Hey New Mamas, This One’s For You

HOLLY MACKLE | CONTRIBUTOR

At five months postpartum my dearest college friends came to visit and love on our new daughter. We were chatting at a Starbucks when some men wearing sidearms calmly walked in. Within seconds I had our group outside crouched behind the bushes, poised to dial 911, entirely certain there was about to be a massacre and we were to be the only survivors. (Turns out militiamen just like Starbucks, too.) Postpartum depression has many faces—sadness, anger, disconnect, swings between despondency and rage—but mine showed up as fear. Irrational, unrelenting, all-consuming fear which forced me to cling to Jesus in a way I never had before.

Not every mama experiences postpartum depression. (Thank the Lord, or how would we get from one generation to the next?) But as I’ve been open about my experiences, it’s been clear many new mamas do have one thing in common: the complete over-turning of life as they knew it. How do you react to that? What do you cling to on the dark days?

Engaging Motherhood

Engaging Motherhood and Disengaging the Fear Monster

Our study, Engaging Motherhood: Heart Preparation for a Holy Calling is a place for moms of young children to connect and beat back loneliness, to be reminded of truth when lies scream so loudly, and to be assured that we are enough because he is enough. It seeks to prepare mamas for the days when sin flares up, expectations go unmet, relationships are strained, or the line between the rational and the irrational goes to blur. Done individually or in a group setting, we hope women will be steadied and encouraged by the experiences of seven mothers who have gone down this road before.

The following is an excerpt from the study—a day’s reflection on the only thing that will remain solid in your new upside down life.

A Night Out

“For God alone, O my soul, wait in silence, for my hope is from him. He only is my rock and my salvation, my fortress; I shall not be shaken. On God rests my salvation and my glory; my mighty rock, my refuge is God. Trust in him at all times, O people; pour out your heart before him; God is a refuge for us.” Psalm 62: 5-8 (ESV)

You glance in the mirror at the deep-purple wrap dress and wonder at how it really doesn’t look so bad. Combined with the eye makeup and the hair that seems almost relieved to be styled for the first time in two weeks, you think you really don’t look quite so bad at all. Your husband yells from the kitchen that the babysitter is here, and you tell him you’ll just pump real fast and be out in twenty minutes, ready to go. You hook yourself up to the monstrosity of the modern milk machine and pray that it will buy you at least three hours of pain-free, leak-free, uninterrupted date night. You finish in record time, slip into the black pumps with barely an audible squawk of pain, grab your tiny—not a diaper bag—clutch off the bed and open the door, ready for a real-life date.

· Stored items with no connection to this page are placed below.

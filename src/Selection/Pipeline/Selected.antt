-- ===== src/Selection/Pipeline/Selected.antt =====
-- What SelectBackend returns, and when it fails.
use score_orchestrator.Base.{
  String, true, false, ◌≡◌, ◌∙◌, refl, sym, ap, ◌⊎◌, inl, inr, Option, none, some, List, [], ◌∷◌,
  arith, eq_iff, is_empty, find, In, All, All-of, All-In, find-none, subst, find-some,
  if◌then◌else◌,
}
use mathlib.Core.Bool.{false≢true}
use score_orchestrator.Base.Result.{Result, ok, err, ◌>>=◌, >>=-eq-ok}
use score_orchestrator.Api.Workload.{Workload}
use score_orchestrator.Api.Config.{OrchestratorConfig, ProfileSpec, BackendSpec}
use score_orchestrator.Selection.Ranking
use score_orchestrator.Selection.Ranking.{SemVer}
use score_orchestrator.Selection.Ranking.Best.{Best, select_backend_lem}
use score_orchestrator.Selection.Pipeline.{
  LabelMatcher, SelectError, no_candidates, SelectedBackend, is_named, select_profile,
  filter_backends, selected, best_of, select_from, select_backend,
}
use score_orchestrator.Selection.Pipeline.Filter.{Admits, In-filter_backends}
use score_orchestrator.Selection.Pipeline.Profile.{
  HasProfile, RefersToProfiles, IsHandled, select_profile-IsHandled,
}

-- The backend of a configured profile that is selected for a workload.
pub record IsSelected (semver : SemVer) (matcher : LabelMatcher) (config : OrchestratorConfig)
    (w : Workload) (result : SelectedBackend) : Type 0 where
  pub profile : ProfileSpec
  pub configured : In profile config.spec.profiles
  pub named : select_profile config matcher w ≡ ok profile.name
  pub backend : BackendSpec
  pub listed : In backend profile.backends
  pub admits : Admits matcher w backend.constraints
  pub best : Best semver backend (filter_backends matcher w profile.backends)
  pub returned : result ≡ selected backend

module _ (semver : SemVer) (matcher : LabelMatcher) (w : Workload) where
  chosen_from :
      (name : String) (candidates : List BackendSpec) (result : SelectedBackend)
      → (if is_empty candidates
          then err (no_candidates name)
          else best_of name (Ranking.select_backend semver candidates))
        ≡ ok result
      → (b : BackendSpec) × In b candidates × Best semver b candidates × (result ≡ selected b)
  unfolding best_of
  chosen_from name [] result e = cc
  chosen_from name (c ∷ cs) result e =
      let (b, found, member, first) = select_backend_lem semver c cs in
      (b, member, first, ground (arith, found))

  select_from-eq-ok :
      (config : OrchestratorConfig) (name : String) (o : Option ProfileSpec)
      (result : SelectedBackend)
      → select_profile config matcher w ≡ ok name
      → find (is_named name) config.spec.profiles ≡ o
      → select_from semver matcher w name o ≡ ok result
      → IsSelected semver matcher config w result
  unfolding select_from
  select_from-eq-ok config name none result s f e = cc
  select_from-eq-ok config name (some p) result s f e =
      let (member, named) = find-some (is_named name) config.spec.profiles f in
      let (b, candidate, first, returned) =
        chosen_from name (filter_backends matcher w p.backends) result e in
      let (listed, admits) = (In-filter_backends matcher w p.backends b).0 candidate in
      record {
        profile = p;
        configured = member;
        named = s ∙ ap ok (sym ((eq_iff p.name name).0 named));
        backend = b;
        listed = listed;
        admits = admits;
        best = first;
        returned = returned;
      }

  -- A backend that is returned is listed in the configured profile that the profile selection
  -- names, admits the workload, and ranks at or before each backend of the profile that does.
  pub select_backend-IsSelected :
      (config : OrchestratorConfig) (result : SelectedBackend)
      → select_backend semver matcher config w ≡ ok result
      → IsSelected semver matcher config w result
  unfolding select_backend
  select_backend-IsSelected config result e =
      let (name, s, f) = >>=-eq-ok (select_profile config matcher w) _ e in
      select_from-eq-ok config name _ result s refl f

  -- Why a selection may fail where the defaults of the configuration refer to its profiles.
  abbrev pub IsExplained : OrchestratorConfig → Result SelectError SelectedBackend → Type 0
  IsExplained config (ok result) = IsSelected semver matcher config w result
  IsExplained config (err e) =
      (select_profile config matcher w ≡ err e)
      ⊎ ((p : ProfileSpec) × In p config.spec.profiles
          × (select_profile config matcher w ≡ ok p.name)
          × (e ≡ no_candidates p.name)
          × All (λ b. ¬ Admits matcher w b.constraints) p.backends)

  empty-All_not :
      (backends : List BackendSpec)
      → is_empty (filter_backends matcher w backends) ≡ true
      → All (λ b. ¬ Admits matcher w b.constraints) backends
  empty-All_not backends e =
      All-of (λ b. ¬ Admits matcher w b.constraints) backends
        (λ b m h.
          no_member b (filter_backends matcher w backends) e
            ((In-filter_backends matcher w backends b).1 (m, h)))
    where
      no_member : (b : BackendSpec) (bs : List BackendSpec) → is_empty bs ≡ true → ¬ In b bs
      no_member b [] e m = elim m [ ]
      no_member b (c ∷ cs) e m = cc

  -- The failure of the last steps, for a profile that was found.
  from_profile :
      (name : String) (candidates : List BackendSpec) (x : SelectError)
      → (if is_empty candidates
          then err (no_candidates name)
          else best_of name (Ranking.select_backend semver candidates))
        ≡ err x
      → (is_empty candidates ≡ true) × (x ≡ no_candidates name)
  unfolding best_of
  from_profile name [] x e = (refl, cc)
  from_profile name (c ∷ cs) x e =
      let (b, found, member, first) = select_backend_lem semver c cs in
      absurd (ground (arith, found))

  module _ (config : OrchestratorConfig) where
    failed_from :
        (name : String) (o : Option ProfileSpec) (x : SelectError)
        → HasProfile config.spec.profiles name
        → select_profile config matcher w ≡ ok name
        → find (is_named name) config.spec.profiles ≡ o
        → select_from semver matcher w name o ≡ err x
        → IsExplained config (err x)
    unfolding select_from
    failed_from name none x (p, m, n) s f e = absurd (
        false≢true (
          sym (
            All-In (λ q. is_named name q ≡ false) config.spec.profiles
              (find-none (is_named name) config.spec.profiles f) m)
          ∙ (eq_iff p.name name).1 n))
    failed_from name (some p) x h s f e =
        let (member, named) = find-some (is_named name) config.spec.profiles f in
        let same = (eq_iff p.name name).0 named in
        let (none_left, is_x) = from_profile name (filter_backends matcher w p.backends) x e in
        inr (
          p,
          member,
          s ∙ ap ok (sym same),
          is_x ∙ ap no_candidates (sym same),
          empty-All_not p.backends none_left,
        )

    failed :
        (o : Result SelectError String) (x : SelectError)
        → RefersToProfiles config.spec
        → select_profile config matcher w ≡ o
        → (do
          name ← o
          select_from semver matcher w name (find (is_named name) config.spec.profiles))
          ≡ err x
        → IsExplained config (err x)
    failed (err y) x r s e = inl (s ∙ e')
      where
        e' : ◌≡◌ {A = Result SelectError String} (err y) (err x)
        e' = cc
    failed (ok name) x r s e =
        failed_from name _ x
          (subst (IsHandled config matcher w) s (select_profile-IsHandled config matcher w r)) s
          refl e

    -- Where the defaults refer to configured profiles, the selection fails only if the profile
    -- selection does, or if no backend of the selected profile admits the workload.
    pub select_backend-IsExplained :
        RefersToProfiles config.spec → IsExplained config (select_backend semver matcher config w)
    select_backend-IsExplained r = by_result (select_backend semver matcher config w) refl
      where
        by_result :
            (o : Result SelectError SelectedBackend)
            → select_backend semver matcher config w ≡ o
            → IsExplained config o
        by_result (ok result) e = select_backend-IsSelected config result e
        by_result (err x) e =
            failed (select_profile config matcher w) x r refl (unfold select_backend in e)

Puke. He’s cleaning puke off his pants. “I’m sure it was just too much on her tummy without a burp,” he says nervously, glancing at the wide-eyed babysitter. The baby looks your way and starts to cry. You drop your clutch and go to reach for her out of the babysitter’s hesitant grip, and just as you get her into your hands, it happens again. Thankfully not on your dress, but not so thankfully, on the carpet. The baby is now wailing, the babysitter looks like she is planning the quickest escape route, and you can’t decide who you will join.

Ah, the joys of motherhood. But it’s one thing to take the ups and downs yourself, and a whole different thing when they begin to affect the relationship you hold most dearly in all the world. Your body will be different, your conversations will be about poop, your free time will evaporate, your sex drive may seem like a mystical unicorn you once believed in, and it will really only be a matter of weeks before you wonder the same old thing that countless couples before you have wondered: “How did we ever think we were busy before?”

Where is God in all of this? How could this possibly be his plan when he says all his plans are good? Why do I feel so discontent when all I wanted for so long was a baby? Will my marriage ever go back to normal?

Wait in silence. Trust in Him. Pour out your heart before Him. He is a rock, refuge, salvation, and stronghold. He holds your salvation and your glory. God alone is your refuge.